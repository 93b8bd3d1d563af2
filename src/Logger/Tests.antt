-- ===== src/Logger/Tests.antt =====
-- internal/logger/manager.go: writers, files and calls on which the theorems are run.

use tmidb_core.Base.{
  zero, suc, ◌+◌, ◌-◌, ◌≤◌, ◌≡◌, ◌⊎◌, refl, true, false, [], ◌∷◌, Option, none, some, Text, bytes,
  pos, arith,
}
use tmidb_core.Base.Dict
use tmidb_core.Logger.{LogLevel, info, LogConfig, RetentionPolicy, ProcessWriter, Rotated}
use tmidb_core.Logger.Writer.{Disk, compressed, size_limit, rotate, write}
use tmidb_core.Logger.Policies.{new_manager, opened, set_log_policy, write_log}
use tmidb_core.Logger.Rotation.{shifted, rotate_lem, write_bounds, write_lem}
use tmidb_core.Logger.Coherence.{IsCoherent}
use tmidb_core.Logger.Retention.{LogFiles}
use tmidb_core.Logger.Trace.{here, next, logging, setting_policy, Reach-IsCoherent}

abbrev api : Text
api = bytes "api"

abbrev policy : RetentionPolicy
policy = record {
  component = api;
  max_file_size = pos 1;
  max_files = pos 2;
  max_age = pos 10;
  compress = true;
  enabled = true;
}

abbrev no_files : Rotated
no_files c k = none

abbrev writer : ProcessWriter
writer = record {
  component = api;
  file = bytes "old" ∷ [];
  current_size = 4;
  rotation_count = 0;
  policy = policy;
  rotated = no_files;
}

abbrev disk : Disk
disk = record {
  flush_fails = false;
  close_fails = false;
  compression = compressed;
  open_fails = false;
  write_fails = false;
  newline_fails = false;
  flush_due = false;
  last_flush_fails = false;
}

rotate_lem_example :
    let r = rotate disk writer in
    (r.1 ≡ none)
    × (r.0.file ≡ [])
    × (r.0.current_size ≡ 0)
    × (r.0.rotated true zero ≡ some (bytes "old" ∷ []))
    × (r.0.rotated true (suc 0) ≡ shifted (2 - 1) (no_files true) (suc 0))
    × (r.0.rotated false 0 ≡ none)
rotate_lem_example = rotate_lem disk writer 0 (refl, refl, refl, refl)

write_bounds_example : (write disk (bytes "new") writer).0.current_size ≤ 1048576 + 1
unfolding size_limit
write_bounds_example =
    write_bounds disk (bytes "new") writer 1048576 refl (omega arith) (omega arith)

write_lem_example :
    ((write disk (bytes "new") writer).1 ≡ none)
    × (((write disk (bytes "new") writer).0.file ≡ bytes "old" ∷ bytes "new" ∷ [])
        ⊎ (((write disk (bytes "new") writer).0.file ≡ bytes "new" ∷ [])
            × ((write disk (bytes "new") writer).0.rotated true zero ≡ some (bytes "old" ∷ []))))
write_lem_example = write_lem disk (bytes "new") writer ((refl, refl, refl, refl), refl, refl, refl)

abbrev files : LogFiles
files = (bytes "a", 1) ∷ (bytes "b", 95) ∷ (bytes "c", 99) ∷ []

abbrev config : LogConfig
config = record {
  base_dir = bytes "logs";
  level = info;
  max_file_size = pos 100;
  max_files = pos 10;
  max_age = pos 1000;
  compress = true;
  buffer_size = pos 8192;
  flush_interval = pos 5;
  console_output = false;
}

abbrev marshal : Text → LogLevel → Text → Option Text
marshal component level message = some message

Reach-IsCoherent_example : IsCoherent (
    set_log_policy api policy
      (write_log marshal api info (bytes "up") (opened [] 0 no_files) disk (new_manager config)).0)
Reach-IsCoherent_example = Reach-IsCoherent marshal config (
    next (next here (logging api info (bytes "up") (opened [] 0 no_files) disk))
      (setting_policy api policy))
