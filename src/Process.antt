-- ===== src/Process.antt =====
-- internal/process/manager.go: the registered processes and the manager's state. A time is the
-- nanoseconds since Go's zero time; `F` is the type of the CPU share, a float64.
pub mod Control
pub mod Watch
pub mod Stats
pub mod Handlers
pub mod Frame
pub mod Lifecycle
pub mod Restart
pub mod Faults
pub mod Rest
pub mod Trace
pub mod Answers
pub mod Shutdown
mod Tests
use tmidb_core.Base.{
  ℕ, ◌+◌, ◌%◌, ◌^◌, Bool, true, false, List, [], Option, none, some, Text, ℤ, pos,
}

pub data ProcessState : Type 0 where
  running stopped starting stopping error restarting : ProcessState

pub data ProcessType : Type 0 where
  internal external service : ProcessType

-- What the methods return where they fail.
pub data Error : Type 0 where
  already_registered : Text → Error
  not_found : Text → Error
  already_running : Text → Error
  not_running : Text → Error
  already_restarting : Text → Error
  pid_not_running : ℤ → Error
  system : Text → Error
  external_failed : Text → Text → Error

-- The texts of `LastError`; the empty text is `none` there.
pub data Failure : Type 0 where
  stdout_pipe : Text → Failure
  stderr_pipe : Text → Failure
  start_failed : Text → Failure
  restart_external_failed : Text → Failure
  stop_failed : Error → Failure
  wait_failed : Text → Failure
  exited_unexpectedly : Failure

pub record ProcessConfig : Type 0 where
  pub name : Text
  pub user : Text
  pub type : ProcessType
  pub command : Text
  pub args : List Text
  pub work_dir : Text
  pub env : List (Text × Text)
  pub auto_restart : Bool
  pub max_restarts : ℤ

-- `has_cmd` is `cmd != nil && cmd.Process != nil`, a command that was started, and `has_cleanup` is `cleanup != nil`. The restart count, an `int` that
-- starts at 0 and grows by 1, is a natural number.
pub record Process (F : Type 0) : Type 0 where
  pub name : Text
  pub user : Text
  pub type : ProcessType
  pub command : Text
  pub args : List Text
  pub work_dir : Text
  pub env : List (Text × Text)
  pub state : ProcessState
  pub pid : ℤ
  pub start_time : ℕ
  pub uptime : ℕ
  pub restart_count : ℕ
  pub auto_restart : Bool
  pub max_restarts : ℤ
  pub has_cmd : Bool
  pub has_cleanup : Bool
  pub cpu_usage : F
  pub memory_usage : ℕ
  pub last_error : Option Failure

-- The callback that restarts an external service returns the text of its error.
pub record Manager (F : Type 0) : Type 0 where
  pub processes : List (Text × Process F)
  pub external_service_restarter : Option (Text → Option Text)

abbrev pub is_running : ProcessState → Bool
is_running running = true
is_running _ = false

abbrev pub is_restarting : ProcessState → Bool
is_restarting restarting = true
is_restarting _ = false

abbrev pub is_stopping : ProcessState → Bool
is_stopping stopping = true
is_stopping _ = false

abbrev pub is_starting : ProcessState → Bool
is_starting starting = true
is_starting _ = false

abbrev pub is_internal : ProcessType → Bool
is_internal internal = true
is_internal _ = false

abbrev pub is_external : ProcessType → Bool
is_external external = true
is_external _ = false
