-- ===== src/Segment/Names.antt =====
-- Which name `emi_shm_destroy` of src/emi_shmem.c removes.
use emilib.Prelude.{
  ℕ, ◌+◌, ◌<◌, ◌≡◌, refl, ap, ◌∙◌, arith, Bool, true, false, some, List, ltb, length, lt→ltb,
}
use emilib.Segment.{
  System, Segment, posix, file, init_pathname, destroy_pathname, path_max, emi_shm_destroy,
}

-- the names of a file differ by a slash
names_differ : (name : List ℕ) → ¬ (destroy_pathname file name ≡ init_pathname file name)
names_differ name e = absurd (omega (arith, ap length e))

-- `unlink` removes one name, and `close` and `munmap` none
pub record HasNames (F : Type 0) (k : System F) (exists : F → List ℕ → Bool) : Type 0 where
  pub unlink_self : (f : F) (p : List ℕ) → exists (k.unlink f p) p ≡ false
  pub unlink_other : (f : F) (p q : List ℕ) → ¬ (p ≡ q) → exists (k.unlink f p) q ≡ exists f q
  pub close : (f : F) (id : ℕ) (q : List ℕ) → exists (k.close f id) q ≡ exists f q
  pub munmap : (f : F) (a n : ℕ) (q : List ℕ) → exists (k.munmap f a n) q ≡ exists f q

-- emi_shm_destroy removes the name that emi_shm_init opens, if the segment is an object of POSIX
-- shared memory; if it is a file, the file stays
pub emi_shm_destroy-names :
    (F : Type 0) (k : System F) (exists : F → List ℕ → Bool)
    → HasNames F k exists
    → (s : Segment F) (name : List ℕ) (id : ℕ) → length name + 5 < path_max
    → ((u : Segment F) × (emi_shm_destroy k posix s name id ≡ some u)
        × (exists u.system (init_pathname posix name) ≡ false))
      × ((u : Segment F) × (emi_shm_destroy k file s name id ≡ some u)
          × (exists u.system (init_pathname file name) ≡ exists s.system (init_pathname file name)))
unfolding emi_shm_destroy
emi_shm_destroy-names F k exists is s name id h =
    let short : ltb (length (destroy_pathname posix name)) path_max ≡ true =
      lt→ltb (length (destroy_pathname posix name)) path_max (omega arith) in
    let short' : ltb (length (destroy_pathname file name)) path_max ≡ true =
      lt→ltb (length (destroy_pathname file name)) path_max (omega arith) in
    (
      (
        record s { system = k.unlink (k.close s.system id) (destroy_pathname posix name) },
        rw (emi_shm_destroy, short) refl,
        is.unlink_self (k.close s.system id) (destroy_pathname posix name),
      ),
      (
        record s { system = k.unlink (k.close s.system id) (destroy_pathname file name) },
        rw (emi_shm_destroy, short') refl,
        is.unlink_other (k.close s.system id) (destroy_pathname file name) (init_pathname file name)
              (names_differ name)
            ∙ is.close s.system id (init_pathname file name),
      ),
    )
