-- ===== src/Handler/Init.antt =====
-- How a receiving process starts, `emi_init` of src/emi_ifr.c, and what it leaves where it fails.
mod Tests
use emilib.Prelude.{
  ℕ, ◌<◌, ◌≡◌, refl, sym, ap, ◌∙◌, arith, Bool, true, false, ◌&&◌, Option, none, some, List, length,
  ◌>>=◌, if◌then◌else◌, Bool-cases, Option-cases, inl, inr,
}
use emilib.Hlist.Chain.{has}
use emilib.Shmem.{Sizes, ShmemMgr, get_shm_size, emi_shmem_mgr_init}
use emilib.Shmem.Layout.{Layout, emi_shmem_mgr_init-Layout}
use emilib.Segment.{
  System, Segment, Kind, posix, init_pathname, sized, emi_shm_init, emi_shm_alloc, emi_shm_free,
  emi_shm_destroy,
}
use emilib.Segment.Names.{HasNames}
use emilib.Segment.Space.{emilib_name}
use emilib.Ring.Segment.{Distinct}
use emilib.Pool.{Pool}
use emilib.Pool.Invariant.{IsPool}
use emilib.Pool.Create.{all_made-length, length-tries, tries, Parts, made, all_made, create_pool}
use emilib.Pool.Created.{Outcome, create_pool-Outcome, Outcome-IsPool}

-- the globals of a receiving process: whether it handles the signal, `emi_global.shm_id`, which is -1
-- or an identifier, `__recv_mgr` if it was set, its segment, and its pool
pub record Receiver (F : Type 0) : Type 0 where
  pub handles : Bool
  pub shm_id : Option ℕ
  pub recv_mgr : Option ShmemMgr
  pub segment : Segment F
  pub pool : Pool

-- what the operating system grants, and that a thread ends once it is told to
pub record Granted : Type 0 where
  pub sigaction : Bool
  pub pool_lock : Bool
  pub attempts : ℕ → Option ℕ × Parts
  pub joins : ℕ → Bool

-- the size of a receiver's pool
abbrev pub pool_size : ℕ
pool_size = 2

abbrev pub threads : Granted → List (Option ℕ × Parts)
threads can = tries pool_size can.attempts

module _ {F : Type 0} (n head : ℕ) (k : System F) (kind : Kind) (z : Sizes) (pid_max : ℕ)
    (can : Granted) where
  -- `emi_shm_destroy` and the return of -1
  abbrev pub gives_up : Receiver F → ℕ → Segment F → Option (Bool × Receiver F)
  gives_up g id s =
      emi_shm_destroy k kind s emilib_name id >>= (λ u. some (false, record g { segment = u }))

  -- what follows `emi_thread_pool_init`
  abbrev pub has_pool : Receiver F → ℕ → ℕ → Bool × Pool × List ℕ → Option (Bool × Receiver F)
  has_pool g id base (ok, p, freed) =
      let h = record g { pool = p } in
      if ok then some (true, h) else gives_up h id (emi_shm_free k h.segment base)

  -- what follows `emi_shm_alloc`
  abbrev pub based : Receiver F → ℕ → Option ℕ × Segment F → Option (Bool × Receiver F)
  based g id (none, s) = gives_up g id s
  based g id (some base, s) =
      let h = record g { segment = s; recv_mgr = some (emi_shmem_mgr_init z base pid_max) } in
      create_pool can.joins n can.pool_lock h.pool head (threads can) >>= has_pool h id base

  -- what follows `emi_shm_init`
  abbrev pub opened : Receiver F → Option ℕ × Segment F → Option (Bool × Receiver F)
  opened g (none, s) = some (false, record g { shm_id = none; segment = s })
  opened g (some id, s) =
      based (record g { shm_id = some id; segment = s }) id (emi_shm_alloc k s id true)

  unfoldable pub emi_init : Receiver F → Option (Bool × Receiver F)
  emi_init g =
      if can.sigaction
      then (emi_shm_init k kind g.segment emilib_name (get_shm_size z pid_max) false
          >>= opened (record g { handles = true }))
      else some (false, g)

-- a process that is ready for messages
pub record IsAttached (F : Type 0) (z : Sizes) (pid_max head : ℕ) (ts : List ℕ) (g : Receiver F)
    : Type 0 where
  pub handles : g.handles ≡ true
  pub mgr : ShmemMgr
  pub regions : g.recv_mgr ≡ some mgr
  pub layout : Layout z mgr.base pid_max mgr
  pub pool : IsPool head ts g.pool
  pub two : length ts ≡ 2

module _ (F : Type 0) (n head : ℕ) (k : System F) (z : Sizes) (pid_max : ℕ) (can : Granted)
    (exists : F → List ℕ → Bool) (is : HasNames F k exists)
    (out : has head (made (threads can)) ≡ false) (distinct : Distinct (made (threads can)))
    (fuel : length (made (threads can)) < n)
    (joined : all_made (threads can) ≡ false
      → (c : ℕ) → has c (made (threads can)) ≡ true
      → can.joins c ≡ true) where
  -- how a start ends that opened the segment
  record Ended (r : Bool × Receiver F) : Type 0 where
    good : r.0 ≡ true → IsAttached F z pid_max head (made (threads can)) r.1
    gone : r.0 ≡ false → exists r.1.segment.system (init_pathname posix emilib_name) ≡ false

  gives_up-Ended :
      (g : Receiver F) (id : ℕ) (s : Segment F)
      → (r : Bool × Receiver F) × (gives_up n head k posix z pid_max can g id s ≡ some r) × Ended r
  unfolding emi_shm_destroy
  gives_up-Ended g id s = (
    (
      false,
      record g {
        segment = record s {
          system = k.unlink (k.close s.system id) (init_pathname posix emilib_name);
        };
      },
    ),
    refl,
    record {
      good = λ q. cc;
      gone = λ q. is.unlink_self (k.close s.system id) (init_pathname posix emilib_name);
    },
  )

  has_pool-Ended :
      (g : Receiver F) (id base : ℕ) (ok : Bool) (p : Pool) (freed : List ℕ)
      → g.handles ≡ true
      → g.recv_mgr ≡ some (emi_shmem_mgr_init z base pid_max)
      → (ok ≡ true → IsPool head (made (threads can)) p)
      → (ok ≡ true → all_made (threads can) ≡ true)
      → (r : Bool × Receiver F) × (has_pool n head k posix z pid_max can g id base (ok, p, freed)
          ≡ some r)
        × Ended r
  unfolding emi_shmem_mgr_init
  has_pool-Ended g id base false p freed h m pool all =
      let t = record g { pool = p } in gives_up-Ended t id (emi_shm_free k t.segment base)
  has_pool-Ended g id base true p freed h m pool all = (
    (true, record g { pool = p }),
    refl,
    record {
      good = λ q. record {
        handles = h;
        mgr = emi_shmem_mgr_init z base pid_max;
        regions = m;
        layout = emi_shmem_mgr_init-Layout z base pid_max;
        pool = pool refl;
        two = all_made-length (threads can) (all refl) ∙ length-tries pool_size can.attempts;
      };
      gone = λ q. cc;
    },
  )

  based-Ended :
      (g : Receiver F) (id : ℕ) (m : Option ℕ × Segment F)
      → g.handles ≡ true
      → (r : Bool × Receiver F) × (based n head k posix z pid_max can g id m ≡ some r) × Ended r
  based-Ended g id (none, s) h = gives_up-Ended g id s
  based-Ended g id (some base, s) h =
      let t = record g { segment = s; recv_mgr = some (emi_shmem_mgr_init z base pid_max) } in
      let (p, freed, run, o) =
        create_pool-Outcome can.joins n can.pool_lock t.pool head (threads can) out distinct fuel
          joined in
      let pool =
        Outcome-IsPool can.pool_lock (all_made (threads can)) head (made (threads can)) t.pool p
          freed o in
      let (r, run', ended) =
        has_pool-Ended t id base (can.pool_lock && all_made (threads can)) p freed h refl pool
          (λ q. ground arith) in
      (r, ap (λ x. x >>= has_pool n head k posix z pid_max can t id base) run ∙ run', ended)

  opened-Ended :
      (g : Receiver F) (m : Option ℕ × Segment F)
      → g.handles ≡ true
      → (r : Bool × Receiver F) × (opened n head k posix z pid_max can g m ≡ some r)
        × (r.0 ≡ true → IsAttached F z pid_max head (made (threads can)) r.1)
        × (r.0 ≡ false
            → (id : ℕ) → r.1.shm_id ≡ some id
            → exists r.1.segment.system (init_pathname posix emilib_name) ≡ false)
  opened-Ended g (none, s) h =
      ((false, record g { shm_id = none; segment = s }), refl, λ q. cc, λ q id i. cc)
  opened-Ended g (some id, s) h =
      let (r, run, ended) =
        based-Ended (record g { shm_id = some id; segment = s }) id (emi_shm_alloc k s id true) h in
      (r, run, ended.good, λ q id i. ended.gone q)

  -- with a segment of POSIX shared memory, distinct addresses of threads and more fuel than threads,
  -- and where each thread of the pool ends once it is told to if not both can be made, emi_init
  -- ends. If it succeeds the process handles the signal, knows the regions, and has a well-formed pool
  -- of two threads; if it fails with the segment open, because it is not mapped or the pool is not
  -- made, the segment's name is gone, which the broker made
  pub emi_init-Ended :
      (g : Receiver F)
      → (r : Bool × Receiver F) × (emi_init n head k posix z pid_max can g ≡ some r)
        × (r.0 ≡ true → IsAttached F z pid_max head (made (threads can)) r.1)
        × (r.0 ≡ false
            → can.sigaction ≡ true
            → (id : ℕ) → r.1.shm_id ≡ some id
            → exists r.1.segment.system (init_pathname posix emilib_name) ≡ false)
  unfolding emi_init emi_shm_init
  emi_init-Ended g = elim (Bool-cases can.sigaction) [
    | inl e ↦
        let size = get_shm_size z pid_max in
        let m = k.shm_open g.segment.system (init_pathname posix emilib_name) false in
        let (r, run, good, gone) =
          opened-Ended (record g { handles = true })
            (sized k g.segment (init_pathname posix emilib_name) size false m) refl in
        let to : emi_init n head k posix z pid_max can g
            ≡ opened n head k posix z pid_max can (record g { handles = true })
                (sized k g.segment (init_pathname posix emilib_name) size false m) =
          rw (emi_init, e) refl in
        (r, to ∙ run, good, λ q s id i. gone q id i)
    | inr e ↦ ((false, g), rw (emi_init, e) refl, λ q. cc, λ q s id m. cc)
  ]
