-- ===== src/Segment/Sample.antt =====
-- A system with the names that were created and not removed, which grants all else.
use emilib.Prelude.{
  ℕ, ◌≡◌, refl, ap₂, arith, inl, inr, Bool, true, false, ◌&&◌, ◌||◌, none, some, List, [], ◌∷◌,
  ◌==◌, if◌then◌else◌, Bool-cases,
}
use emilib.Segment.{System}
use emilib.Segment.Names.{HasNames}

abbrev pub same_name : List ℕ → List ℕ → Bool
same_name [] [] = true
same_name [] (y ∷ ys) = false
same_name (x ∷ xs) [] = false
same_name (x ∷ xs) (y ∷ ys) = (x == y) && same_name xs ys

pub same_name_self : (xs : List ℕ) → same_name xs xs ≡ true
same_name_self [] = refl
same_name_self (x ∷ xs) = ground (arith, same_name_self xs)

pub same_name_sound : (xs ys : List ℕ) → same_name xs ys ≡ true → xs ≡ ys
same_name_sound [] [] e = refl
same_name_sound [] (y ∷ ys) e = cc
same_name_sound (x ∷ xs) [] e = cc
same_name_sound (x ∷ xs) (y ∷ ys) e =
    let head : x ≡ y = ground arith in
    let rest : same_name xs ys ≡ true = ground arith in
    ap₂ (λ z zs. z ∷ zs) head (same_name_sound xs ys rest)

-- the names that are in the system
abbrev pub NameSet : Type 0
NameSet = List ℕ → Bool

abbrev pub without : NameSet → List ℕ → NameSet
without f p q = if same_name p q then false else f q

abbrev pub with : NameSet → List ℕ → NameSet
with f p q = same_name p q || f q

abbrev pub names : System NameSet
names = record {
  shm_open = λ f p create. if create || f p then some (3, with f p) else none;
  ftruncate = λ f id size. (true, f);
  unlink = without;
  close = λ f id. f;
  mmap = λ f size id both. some (8192, f);
  munmap = λ f a n. f;
  page_size = 4096;
}

pub names-HasNames : HasNames NameSet names (λ f p. f p)
names-HasNames = record {
  unlink_self = λ f p. rw (same_name_self p) refl;
  unlink_other = λ f p q n. elim (Bool-cases (same_name p q)) [
    | inl e ↦ absurd (n (same_name_sound p q e))
    | inr e ↦ rw e refl
  ];
  close = λ f id q. refl;
  munmap = λ f a n q. refl;
}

———

Out of the data above, transcribe exactly and only the lines starting with the line that has "-- of two threads;" and going on through the line that has "same_name_sound (x ∷ xs) [] e = cc", both included.

  -- of two threads; if it fails with the segment open, because it is not mapped or the pool is not
  -- made, the segment's name is gone, which the broker made
  pub emi_init-Ended :
      (g : Receiver F)
      → (r : Bool × Receiver F) × (emi_init n head k posix z pid_max can g ≡ some r)
        × (r.0 ≡ true → IsAttached F z pid_max head (made (threads can)) r.1)
        × (r.0 ≡ false
            → can.sigaction ≡ true
            → (id : ℕ) → r.1.shm_id ≡ some id
            → exists r.1.segment.system (init_pathname posix emilib_name) ≡ false)
  unfolding emi_init emi_shm_init
  emi_init-Ended g = elim (Bool-cases can.sigaction) [
    | inl e ↦
        let size = get_shm_size z pid_max in
        let m = k.shm_open g.segment.system (init_pathname posix emilib_name) false in
        let (r, run, good, gone) =
          opened-Ended (record g { handles = true })
            (sized k g.segment (init_pathname posix emilib_name) size false m) refl in
        let to : emi_init n head k posix z pid_max can g
            ≡ opened n head k posix z pid_max can (record g { handles = true })
                (sized k g.segment (init_pathname posix emilib_name) size false m) =
          rw (emi_init, e) refl in
        (r, to ∙ run, good, λ q s id i. gone q id i)
    | inr e ↦ ((false, g), rw (emi_init, e) refl, λ q. cc, λ q s id m. cc)
  ]
-- ===== src/Segment/Sample.antt =====
-- A system with the names that were created and not removed, which grants all else.
use emilib.Prelude.{
  ℕ, ◌≡◌, refl, ap₂, arith, inl, inr, Bool, true, false, ◌&&◌, ◌||◌, none, some, List, [], ◌∷◌,
  ◌==◌, if◌then◌else◌, Bool-cases,
}
use emilib.Segment.{System}
use emilib.Segment.Names.{HasNames}

abbrev pub same_name : List ℕ → List ℕ → Bool
same_name [] [] = true
same_name [] (y ∷ ys) = false
same_name (x ∷ xs) [] = false
same_name (x ∷ xs) (y ∷ ys) = (x == y) && same_name xs ys

pub same_name_self : (xs : List ℕ) → same_name xs xs ≡ true
same_name_self [] = refl
same_name_self (x ∷ xs) = ground (arith, same_name_self xs)

pub same_name_sound : (xs ys : List ℕ) → same_name xs ys ≡ true → xs ≡ ys
same_name_sound [] [] e = refl
same_name_sound [] (y ∷ ys) e = cc
same_name_sound (x ∷ xs) [] e = cc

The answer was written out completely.